In this paper, we made use of the reduced dimensions obtained through the dimensionality reduction approaches like PCA, AE, and t-SNE, in recognition of Urdu handwritten characters and numerals. Furthermore, the structural features of each handwritten character are extracted and embedded in pixel-based features to enrich the features of our dataset. In order to make it more compatible, we modified the standard t-SNE by including equations that support the pairwise Euclidean distances of the features from two independent spaces. This modification results in accelerating the efficiency of standard t-SNE by producing a quite better low-dimensional data that eventually helped in visualizing both the Urdu handwritten characters and numerals. Furthermore, this reduced dimensional data is fed to the CNN model to recognition purposes. The results produced are quite similar to our previous work, in which we used all the dimensions of the text-images. The only difference is the time efficiency shown by our approach that took about 12 CPU seconds as compared to our previous work (Husnain et al. [27]) that consumed 12 CPU minutes in producing the confusion matrices. Hence, it can be concluded that, to make the task of classification/recognition of high-dimensional data, it is better to apply a suitable dimensionality reduction approach that will show the faithful representation of the data. Then, plug this low-dimensional data into any machine learning classifier for testing/training to perform recognition/classification tasks. The limitation of our proposed t-SNE is that the algorithms can only be used to embed or fuse data coming from two or three independent spaces. Generalizations to a higher number of independent spaces are practically not possible since the computation time increases while computing pairwise distances among the high-dimensional data instances.

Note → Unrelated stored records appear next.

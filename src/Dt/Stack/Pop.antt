-- ===== src/Dt/Stack/Pop.antt =====
-- The pops of dt/stack.go, behind a push too, and its iterator.
use fun.Prelude.{ℕ, zero, suc, ◌<◌, ◌≡◌, true, false, some, List, [], ◌∷◌, length, arith}
use fun.Prelude.Int.{negsuc, ◌+ℤ◌}
use fun.Links.{Ptr, update, has, has_ne}
use fun.Dt.Stack.{Memory, nil, is_ok, push, pop, iterate, iterator}
use fun.Dt.Stack.Holds.{
  Walk, values, IsStack, Walk-frame, values-frame, Contains, root_eq, length-values, stack_push_lem,
}

module _ {A : Type 0} where
  -- The memory after the head of a stack has been popped.
  abbrev pub popped : Memory A → Ptr → Memory A
  popped m s =
      let p = (m.stacks s).head in
      record m {
        items = update m.items p (record (m.items p) { stack = nil });
        stacks =
            update m.stacks s
              (record { head = (m.items p).next; length = (m.stacks s).length +ℤ negsuc 0 });
      }

  pop_eq :
      (z : A) (m : Memory A) (s r p : Ptr) (ps : List Ptr)
      → IsStack m s r (p ∷ ps)
      → pop z m s ≡ some (p, popped m s)
  unfolding pop
  pop_eq z m s r p ps h = ground (arith, root_eq z m s r (p ∷ ps) h, h.counted, h.walk)

  popped-IsStack :
      (m : Memory A) (s r p : Ptr) (ps : List Ptr)
      → IsStack m s r (p ∷ ps)
      → IsStack (popped m s) s r ps
  unfolding ◌+ℤ◌
  popped-IsStack m s r p ps h =
      let head : (m.stacks s).head ≡ p = h.walk.0 in
      let walked = Walk-frame m (popped m s) (m.items p).next ps r h.walk.2 (λ x i. ground arith) in
      record {
        stack_not_nil = h.stack_not_nil;
        root_not_nil = h.root_not_nil;
        root_bad = ground (arith, h.root_bad);
        root_old = h.root_old;
        root_listed = ground (arith, h.root_listed, h.root_bad, h.walk);
        walk = ground (arith, walked);
        distinct = h.distinct.1;
        member = λ x i. ground (arith, h.member x, has_ne x p ps i h.distinct.0);
        counted = ground (arith, h.counted);
      }

  -- What a pop of the value `x` gives: an item outside of every stack.
  pub record Popped (z : A) (m : Memory A) (s : Ptr) (x : A) (xs : List A) : Type 0 where
    pub item : Ptr
    pub left : Memory A
    pub answered : pop z m s ≡ some (item, left)
    pub value_is : (left.items item).value ≡ x
    pub still_ok : is_ok left item ≡ true
    pub unlisted : (left.items item).stack ≡ nil
    pub contains : Contains left s xs

  take_top :
      (z : A) (m : Memory A) (s r : Ptr) (ps : List Ptr) (x : A) (xs : List A)
      → IsStack m s r ps
      → values m ps ≡ x ∷ xs
      → Popped z m s x xs
  take_top z m s r [] x xs h e = absurd (cc e)
  take_top z m s r (p ∷ ps) x xs h e =
      let same = values-frame m (popped m s) ps (λ y i. ground arith) in
      record {
        item = p;
        left = popped m s;
        answered = pop_eq z m s r p ps h;
        value_is = ground (arith, e);
        still_ok = ground (arith, h.walk, h.member p);
        unlisted = ground (arith, h.walk);
        contains = record {
          bottom = r;
          at = ps;
          is_stack = popped-IsStack m s r p ps h;
          are = ground (arith, same, e);
        };
      }

  -- `Pop` never dereferences nil, and takes out the top value with its item.
  pub stack_pop_lem :
      (z : A) (m : Memory A) (s : Ptr) (x : A) (xs : List A)
      → Contains m s (x ∷ xs)
      → Popped z m s x xs
  stack_pop_lem z m s x xs c = take_top z m s c.bottom c.at x xs c.is_stack c.are

  -- `Push` and a `Pop` behind it never dereference nil: the push puts the value on top of the others, and
  -- the pop gives it back with its item and leaves the stack with the values that it held.
  pub stack_pop-push :
      (z : A) (m : Memory A) (s : Ptr) (xs : List A) (v : A)
      → Contains m s xs
      → (m' : Memory A) × (push z m s v ≡ some m') × Contains m' s (v ∷ xs) × Popped z m' s v xs
  stack_pop-push z m s xs v c =
      let (m', e, d) = stack_push_lem z m s xs v c in (m', e, d, stack_pop_lem z m' s v xs d)

  -- `Pop` of an empty stack gives its root, whose Ok is false, and leaves the stack as it is.
  pub pop_empty :
      (z : A) (m : Memory A) (s : Ptr)
      → Contains m s []
      → (r : Ptr) × (pop z m s ≡ some (r, m)) × (is_ok m r ≡ false)
  unfolding pop
  pop_empty z m s c = go c.at c.is_stack c.are
    where
      go :
          (ps : List Ptr)
          → IsStack m s c.bottom ps
          → values m ps ≡ []
          → (r : Ptr) × (pop z m s ≡ some (r, m)) × (is_ok m r ≡ false)
      go [] h e = (
        c.bottom,
        ground (arith, root_eq z m s c.bottom [] h, h.counted, h.walk),
        ground (arith, h.root_bad),
      )
      go (p ∷ ps) h e = absurd (cc e)

  -- The iteration from a place in a stack.
  pub iterate-Walk :
      (m : Memory A) (fuel : ℕ) (p : Ptr) (ps : List Ptr) (r : Ptr)
      → Walk m p ps r
      → ((x : Ptr) → has x ps ≡ true → 0 < x)
      → (m.items r).ok ≡ false
      → length ps < fuel
      → iterate fuel m p ≡ values m ps
  unfolding iterate
  iterate-Walk m zero p ps r h f b l = absurd (omega (arith, l))
  iterate-Walk m (suc fuel) p [] r h f b l = ground arith
  iterate-Walk m (suc fuel) p (a ∷ ps) r h f b l =
      let rest =
        iterate-Walk m fuel (m.items a).next ps r h.2 (λ x i. f x (ground arith)) b
          (omega (arith, l)) in
      ground (arith, rest, f a)

  -- The iterator yields the values of the stack, top first, when it is given one step more than there
  -- are values.
  pub stack_iterator_lem :
      (z : A) (m : Memory A) (s : Ptr) (xs : List A) (fuel : ℕ)
      → Contains m s xs
      → length xs < fuel
      → iterator z fuel m s ≡ some xs
  unfolding iterator
  stack_iterator_lem z m s xs fuel c l =
      let h = c.is_stack in
      let walked =
        iterate-Walk m fuel (m.stacks s).head c.at c.bottom h.walk (λ x i. (h.member x i).0)
          h.root_bad (ground (arith, length-values m c.at, c.are)) in
      ground (arith, root_eq z m s c.bottom c.at h, walked, c.are)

To the best of our knowledge, a very limited work is observed in the field of handwritten text recognition at character level, and the dataset of this kind is not available to date. Our results are the initiatives towards classification of the handwritten text at character level in the Urdu script, and there may be some lack of quality and comprehensiveness. Our future work will encompass the recent trends and resolve these issues observed in our current work.

Furthermore, we have also created a state-of-the-art dataset containing the Urdu handwritten characters and numerals; to the best of our knowledge, there is no publicly dataset available of such kind. The existing datasets of Urdu handwritten text mainly consist of the Urdu handwritten words and sentences. The usage of these existing datasets cannot be used efficiently for recognition of the Urdu text at the character level. We also presented a comparative analysis of the results obtained through different approaches to propose recommendations based on parameter tuning. It is also concluded that the deep network can help in performing the recognition and classification task of the handwritten text of cursive scripts in minimum time. Furthermore, our approach also helps in providing a platform to the researchers and developers to develop the applications for the children to learn how to write Urdu (and other cursive languages) characters and numerals with higher accuracy. As mentioned earlier, there is also a deficiency of some standard data repository in the Urdu domain for generating and comparing the benchmark results. In order to bridge this gap, we are working on generating and extending our dataset that will be published publicly in the near future.

Data Availability

The data used to support the findings of this study are available from the corresponding author upon request.

Conflicts of Interest

The authors declare no potential conflicts of interest.

Acknowledgments

This study was supported by the China University of Petroleum-Beijing and Fundamental Research Funds for Central Universities under Grant no. 2462020YJRC001.